This work investigates the fine-grained complexity of Max Cut, Hamiltonian Cycle, and Edge Dominating Set parameterized by modular treewidth. Assuming the Exponential Time Hypothesis (ETH), it establishes that Max Cut admits no algorithm running in time \(n^{2^{o(k)}} \cdot f(k)\), highlighting a fundamental distinction from its behavior under standard treewidth. In contrast, the study presents \(n^{O(k)}\)-time algorithms for both Hamiltonian Cycle and Edge Dominating Set, matching known conditional lower bounds and thereby resolving three long-standing open problems. By integrating conditional lower bounds, parameterized algorithm design, and structural analysis of graphs of bounded modular treewidth, this research provides a complete characterization of the complexity landscape for these problems under this parameterization.

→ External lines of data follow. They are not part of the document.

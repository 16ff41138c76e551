-- ===== src/Policy/Resolver/Involved.antt =====
-- Which rules speak of two users, in terms of the maps and the rules of the index: the subject sets
-- and object sets that CheckPeer (daemon/policy/resolver.go) makes.
use lightscale.Prelude.{
  ℕ, ◌≤◌, ◌≡◌, refl, sym, ◌⊎◌, inl, inr, String, Bool, true, false, ◌&&◌, Option, none, some, List,
  [], ◌∷◌, arith, Bool-cases, get, All, All-weaken, In, here, there, any, nat_eq, string_eq, ◌==◌,
  ==_of_eq, eq_of_==,
}
use lightscale.Policy.{Index, RuleSnapshot}
use lightscale.Policy.Resolver.{Ref, refs, matches_any, subject_set, user_object_set}
use lightscale.Policy.Resolver.Evaluate.{rule_matches, Decides}

-- The type and id are those of the user, or of a group that the index lists for the user.
abbrev pub Involves : Index → ℕ → String → ℕ → Type 0
Involves idx user_id type id =
    ((type ≡ "user") × (id ≡ user_id))
    ⊎ ((type ≡ "user_group")
        × ((gids : List ℕ) × (get user_id idx.groups_by_user ≡ some gids) × In id gids))

-- The rule's subject involves the one user, and its object the other.
abbrev pub Between : Index → ℕ → ℕ → RuleSnapshot → Type 0
Between idx src_id dst_id r =
    Involves idx src_id r.subject_type r.subject_id × Involves idx dst_id r.object_type r.object_id

-- The rule is between the two users, and no rule between them has a larger id.
pub record LastBetween (idx : Index) (src_id dst_id : ℕ) (r : RuleSnapshot) : Type 0 where
  pub listed : In r idx.rules
  pub between : Between idx src_id dst_id r
  pub last : All (λ q. Between idx src_id dst_id q → q.id ≤ r.id) idx.rules

abbrev is_ref : String → ℕ → Ref → Bool
is_ref type id r = (r.type == type) && (r.id == id)

module _ (type : String) (id : ℕ) where
  group_of_refs :
      (gids : List ℕ)
      → any (is_ref type id) (refs "user_group" gids) ≡ true
      → (type ≡ "user_group") × In id gids
  unfolding refs any
  group_of_refs [] h = cc h
  group_of_refs (g ∷ gids) h = elim (Bool-cases (("user_group" == type) && (g == id))) [
    | inl e ↦
        (sym (eq_of_== "user_group" type (ground arith)), here (sym (eq_of_== g id (ground arith))))
    | inr e ↦ let (t, m) = group_of_refs gids (rw e at h) in (t, there m)
  ]

  refs_of_group :
      (gids : List ℕ)
      → type ≡ "user_group"
      → In id gids
      → any (is_ref type id) (refs "user_group" gids) ≡ true
  unfolding refs any
  refs_of_group [] t m = elim m [ ]
  refs_of_group (g ∷ gids) t (here e) =
      ground (arith, ==_of_eq "user_group" type (sym t), ==_of_eq g id (sym e))
  refs_of_group (g ∷ gids) t (there m) = ground (arith, refs_of_group gids t m)

  module _ (idx : Index) (user_id : ℕ) where
    of_group :
        (o : Option (List ℕ))
        → get user_id idx.groups_by_user ≡ o
        → any (is_ref type id) (refs "user_group" (elim o [ none ↦ [] | some gids ↦ gids ])) ≡ true
        → Involves idx user_id type id
    unfolding refs any
    of_group none e h = cc h
    of_group (some gids) e h = let (t, m) = group_of_refs gids h in inr (t, (gids, e, m))

    subject-Involves :
        matches_any type id (subject_set idx user_id) ≡ true → Involves idx user_id type id
    unfolding matches_any subject_set any
    subject-Involves h = elim (Bool-cases (("user" == type) && (user_id == id))) [
      | inl e ↦
          inl (sym (eq_of_== "user" type (ground arith)), sym (eq_of_== user_id id (ground arith)))
      | inr e ↦ of_group (get user_id idx.groups_by_user) refl (rw e at h)
    ]

    Involves-subject :
        Involves idx user_id type id → matches_any type id (subject_set idx user_id) ≡ true
    unfolding matches_any subject_set any
    Involves-subject (inl (t, e)) =
        ground (arith, ==_of_eq "user" type (sym t), ==_of_eq user_id id (sym e))
    Involves-subject (inr (t, (gids, e, m))) = ground (arith, e, refs_of_group gids t m)

    object-Involves :
        matches_any type id (user_object_set idx user_id) ≡ true → Involves idx user_id type id
    unfolding subject_set user_object_set
    object-Involves h = subject-Involves h

    Involves-object :
        Involves idx user_id type id → matches_any type id (user_object_set idx user_id) ≡ true
    unfolding subject_set user_object_set
    Involves-object v = Involves-subject v

module _ (idx : Index) (src_id dst_id : ℕ) where
  abbrev matches : RuleSnapshot → Bool
  matches r = rule_matches (subject_set idx src_id) (user_object_set idx dst_id) r

  matches-Between : (r : RuleSnapshot) → matches r ≡ true → Between idx src_id dst_id r
  matches-Between r h = (
    subject-Involves r.subject_type r.subject_id idx src_id (ground arith),
    object-Involves r.object_type r.object_id idx dst_id (ground arith),
  )

  matches_of : (r : RuleSnapshot) → Between idx src_id dst_id r → matches r ≡ true
  matches_of r (a, b) = ground (
    arith,
    Involves-subject r.subject_type r.subject_id idx src_id a,
    Involves-object r.object_type r.object_id idx dst_id b,
  )

  pub Decides-LastBetween :
      (r : RuleSnapshot)
      → Decides (subject_set idx src_id) (user_object_set idx dst_id) idx.rules r
      → LastBetween idx src_id dst_id r
  Decides-LastBetween r d = record {
    listed = d.listed;
    between = matches-Between r d.matching;
    last = All-weaken _ _ idx.rules (λ q h b. h (matches_of q b)) d.last;
  }

  pub LastBetween-Decides :
      (r : RuleSnapshot)
      → LastBetween idx src_id dst_id r
      → Decides (subject_set idx src_id) (user_object_set idx dst_id) idx.rules r
  LastBetween-Decides r l = record {
    listed = l.listed;
    matching = matches_of r l.between;
    last = All-weaken _ _ idx.rules (λ q h m. h (matches-Between q m)) l.last;
  }

  differs : (q : RuleSnapshot) → matches q ≡ false → matches q ≡ true → ⊥
  differs q f t = absurd (cc (f, t))

  pub quiet-Between :
      All
        (λ q. rule_matches (subject_set idx src_id) (user_object_set idx dst_id) q ≡ false)
        idx.rules
      → All (λ q. Between idx src_id dst_id q → ⊥) idx.rules
  quiet-Between h = All-weaken _ _ idx.rules (λ q f b. absurd (differs q f (matches_of q b))) h

  pub quiet_of :
      All (λ q. Between idx src_id dst_id q → ⊥) idx.rules
      → All
          (λ q. rule_matches (subject_set idx src_id) (user_object_set idx dst_id) q ≡ false)
          idx.rules
  quiet_of h =
      All-weaken _ _ idx.rules
        (λ q f. elim (Bool-cases (matches q)) [
          | inl t ↦ absurd (f (matches-Between q t))
          | inr e ↦ e
        ])
        h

In this work we contribute to the study of the fine-grained complexity of problems parameterized by multi-clique-width, which was initiated by Fürer [ITCS 2017] and pursued further by Chekan and Kratsch [MFCS 2023]. Multi-clique-width is a parameter defined analogously to clique-width but every vertex is allowed to hold multiple labels simultaneously. This parameter is upper-bounded by both clique-width and treewidth (plus a constant), hence it generalizes both of them without an exponential blow-up. Conversely, graphs of multi-clique-width $k$ have clique-width at most $2^k$, and there exist graphs with clique-width at least $2^{Ω(k)}$. Thus, while the two parameters are functionally equivalent, the fine-grained complexity of problems may differ relative to them. As our first and main result we show that under ETH the Max Cut problem cannot be solved in time $n^{2^{o(k)}} \cdot f(k)$ on graphs of multi-clique-width $k$ for any computable function $f$. For clique-width $k$ an $n^{\mathcal{O}(k)}$ algorithm by Fomin et al. [SIAM J. Comput. 2014] is tight under ETH. This makes Max Cut the first known problem for which the tight running times differ for parameterization by clique-width and multi-clique-width and it contributes to the short list of known lower bounds of form $n^{2^{o(k)}} \cdot f(k)$. As our second contribution we show that Hamiltonian Cycle and Edge Dominating Set can be solved in time $n^{\mathcal{O}(k)}$ on graphs of multi-clique-width $k$ matching the tight running time for clique-width. These results answer three questions left open by Chekan and Kratsch [MFCS 2023].